Copy word for word, please, the lines of the entries below running from the one containing "-- whatever the" to the one containing "0 < workers", both ends included.

[Opening SUPPLIED MATERIAL section]

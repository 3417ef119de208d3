-- ===== src/Manager/Serial.antt =====
-- The messages that the goroutines of internal/job/manager.go serve, as one list behind one another.
use mathlib.Core.List.{Perm, perm_middle}
use mathlib.Core.List.Perm
use golang_videoencoder_api.Prelude.{
  ℕ, ◌<◌, List, [], ◌∷◌, ◌++◌, append-nil, append_assoc, Option, none, some, ◌≡◌, refl, subst,
  subst₂,
}
use golang_videoencoder_api.Worker.{JobWorkerResult}
use golang_videoencoder_api.Manager.Channels.{
  stopped, Line, result_lines, Hub, start, Step, enqueue, stop_producing, receive, finish, send,
  log, leave, stop, workers_gone, logger_leaves, stop_returns, Run, here, next, Reaches, serve_all,
}
use golang_videoencoder_api.Manager.Crew.{stopped-Empty}
use golang_videoencoder_api.Manager.Perms.{perm_taken, perm_done, perm_new}

abbrev pub lines : List JobWorkerResult → List Line
lines [] = []
lines (r ∷ rs) = result_lines r ++ lines rs

pub lines-append : (rs qs : List JobWorkerResult) → lines (rs ++ qs) ≡ lines rs ++ lines qs
lines-append [] qs = refl
lines-append (r ∷ rs) qs = rw (lines-append rs qs, append_assoc) refl

abbrev pub held : Option JobWorkerResult → List JobWorkerResult
held none = []
held (some r) = r ∷ []

module _ {M W : Type 0} (serve : M → W → JobWorkerResult × W) where
  pub serve_all-snoc :
      (order : List M) (msg : M) (w v : W) (results : List JobWorkerResult)
      → serve_all serve order w ≡ (results, v)
      → serve_all serve (order ++ (msg ∷ [])) w
        ≡ (results ++ ((serve msg v).0 ∷ []), (serve msg v).1)
  unfolding serve_all
  serve_all-snoc [] msg w v results e =
      let same : v ≡ w = cc in let none_yet : results ≡ [] = cc in rw (same, none_yet) refl
  serve_all-snoc (m ∷ order) msg w v results e =
      let (r, w1) = serve m w in
      let (rs, w2) = serve_all serve order w1 in
      let later = serve_all-snoc order msg w1 w2 rs refl in
      let same : v ≡ w2 = cc in let made : results ≡ r ∷ rs = cc in rw (same, made, later) refl

  -- The messages that were served, in their order, and the results that the logger has had.
  pub record Served (w : W) (accepted buffer working : List M) (sending : List JobWorkerResult)
      (logging : Option JobWorkerResult) (logs : List Line) (v : W) : Type 0 where
    pub order : List M
    pub results : List JobWorkerResult
    pub heard : List JobWorkerResult
    pub ran : serve_all serve order w ≡ (results, v)
    pub took : Perm (order ++ (working ++ buffer)) accepted
    pub told : Perm (heard ++ (held logging ++ sending)) results
    pub logged : logs ≡ lines heard

  abbrev pub IsSerial : W → Hub M → W → Type 0
  IsSerial w s v = Served w s.accepted s.buffer s.working s.sending s.logging s.log v

  start-IsSerial : (workers : ℕ) (w : W) → IsSerial w (start workers) w
  unfolding start serve_all
  start-IsSerial workers w = record {
    order = [];
    results = [];
    heard = [];
    ran = refl;
    took = Perm.refl [];
    told = Perm.refl [];
    logged = refl;
  }

module _ {M W : Type 0} (serve : M → W → JobWorkerResult × W) (workers : ℕ) (w : W) where
  Step-IsSerial :
      {s : Hub M} {v : W} {t : Hub M} {x : W}
      → Step serve workers s v t x
      → IsSerial serve w s v
      → IsSerial serve w t x
  Step-IsSerial {s} (enqueue msg on opened room) i = record {
    order = i.order;
    results = i.results;
    heard = i.heard;
    ran = i.ran;
    took =
        rw
          (
            ← append_assoc s.working s.buffer (msg ∷ []),
            ← append_assoc i.order (s.working ++ s.buffer) (msg ∷ []),
          )
          (Perm.append_right (msg ∷ []) i.took);
    told = i.told;
    logged = i.logged;
  }
  Step-IsSerial {s} (receive msg rest others full free) i = record {
    order = i.order;
    results = i.results;
    heard = i.heard;
    ran = i.ran;
    took = Perm.trans (perm_taken i.order s.working rest s.buffer msg full) i.took;
    told = i.told;
    logged = i.logged;
  }
  Step-IsSerial {s} {v} (finish before msg after at) i = record {
    order = i.order ++ (msg ∷ []);
    results = i.results ++ ((serve msg v).0 ∷ []);
    heard = i.heard;
    ran = serve_all-snoc serve i.order msg w v i.results i.ran;
    took = Perm.trans (perm_done i.order s.working before after s.buffer msg at) i.took;
    told = rw (← append_assoc i.heard (held s.logging) ((serve msg v).0 ∷ s.sending)) (
        perm_new (i.heard ++ held s.logging) s.sending i.results (serve msg v).0
          (rw (append_assoc) i.told));
    logged = i.logged;
  }
  Step-IsSerial {s} (send before r after at free opened) i = record {
    order = i.order;
    results = i.results;
    heard = i.heard;
    ran = i.ran;
    took = i.took;
    told = Perm.trans (Perm.append_left i.heard (Perm.symm (perm_middle before after))) (
        subst₂
          (λ (o : Option JobWorkerResult) (l : List JobWorkerResult).
            Perm (i.heard ++ (held o ++ l)) i.results)
          free at i.told);
    logged = i.logged;
  }
  Step-IsSerial {s} (log r at) i = record {
    order = i.order;
    results = i.results;
    heard = i.heard ++ (r ∷ []);
    ran = i.ran;
    took = i.took;
    told = rw append_assoc (
        subst (λ (o : Option JobWorkerResult). Perm (i.heard ++ (held o ++ s.sending)) i.results) at
          i.told);
    logged = rw (lines-append, i.logged, append-nil) refl;
  }
  Step-IsSerial (stop_producing on) i = i
  Step-IsSerial (leave others free drained shut) i = i
  Step-IsSerial (stop at) i = i
  Step-IsSerial (workers_gone at all) i = i
  Step-IsSerial (logger_leaves shut free on) i = i
  Step-IsSerial (stop_returns at ended) i = i

  Run-IsSerial :
      {s : Hub M} {v : W} {n : ℕ} {t : Hub M} {x : W}
      → IsSerial serve w s v
      → Run serve workers s v n t x
      → IsSerial serve w t x
  Run-IsSerial i here = i
  Run-IsSerial i (next run step) = Step-IsSerial step (Run-IsSerial i run)

  pub Reaches-IsSerial : {s : Hub M} {v : W} → Reaches serve workers w s v → IsSerial serve w s v
  Reaches-IsSerial (_, run) = Run-IsSerial (start-IsSerial serve workers w) run

-- The messages that were served, with the results and the log.
pub record Drained {M W : Type 0} (serve : M → W → JobWorkerResult × W) (w : W) (accepted : List M)
    (logs : List Line) (v : W) : Type 0 where
  pub order : List M
  pub results : List JobWorkerResult
  pub heard : List JobWorkerResult
  pub ran : serve_all serve order w ≡ (results, v)
  pub took : Perm order accepted
  pub told : Perm heard results
  pub logged : logs ≡ lines heard

module _ {M W : Type 0} (serve : M → W → JobWorkerResult × W) (workers : ℕ) where
  -- What the manager has done when the stop function has returned, where it has at least one worker:
  -- whatever the goroutines did between, it was to serve, one behind the other and in some order,
  -- every message that was accepted exactly once, and the log has the lines of each result exactly
  -- once, in some order.
  pub stopped-Drained :
      {w : W} {s : Hub M} {v : W}
      → 0 < workers
      → Reaches serve workers w s v
      → s.phase ≡ stopped
      → Drained serve w s.accepted s.log v
  stopped-Drained {w} {s} {v} some_workers reached at =
      let i = Reaches-IsSerial serve workers w reached in
      let (no_buffer, no_working, no_sending, no_logging) =
        stopped-Empty serve workers some_workers at reached in
      record {
        order = i.order;
        results = i.results;
        heard = i.heard;
        ran = i.ran;
        took =
            subst (λ (l : List M). Perm l s.accepted) (append-nil i.order)
              (subst₂ (λ (a b : List M). Perm (i.order ++ (a ++ b)) s.accepted) no_working no_buffer
                i.took);
        told =
            subst (λ (l : List JobWorkerResult). Perm l i.results) (append-nil i.heard)
              (subst₂
                (λ (o : Option JobWorkerResult) (l : List JobWorkerResult).
                  Perm (i.heard ++ (held o ++ l)) i.results)
                no_logging no_sending i.told);
        logged = i.logged;
      }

[Closing SUPPLIED MATERIAL section]

SOLUTION FOR THIS TASK:
  -- whatever the goroutines did between, it was to serve, one behind the other and in some order,
  -- every message that was accepted exactly once, and the log has the lines of each result exactly
  -- once, in some order.
  pub stopped-Drained :
      {w : W} {s : Hub M} {v : W}
      → 0 < workers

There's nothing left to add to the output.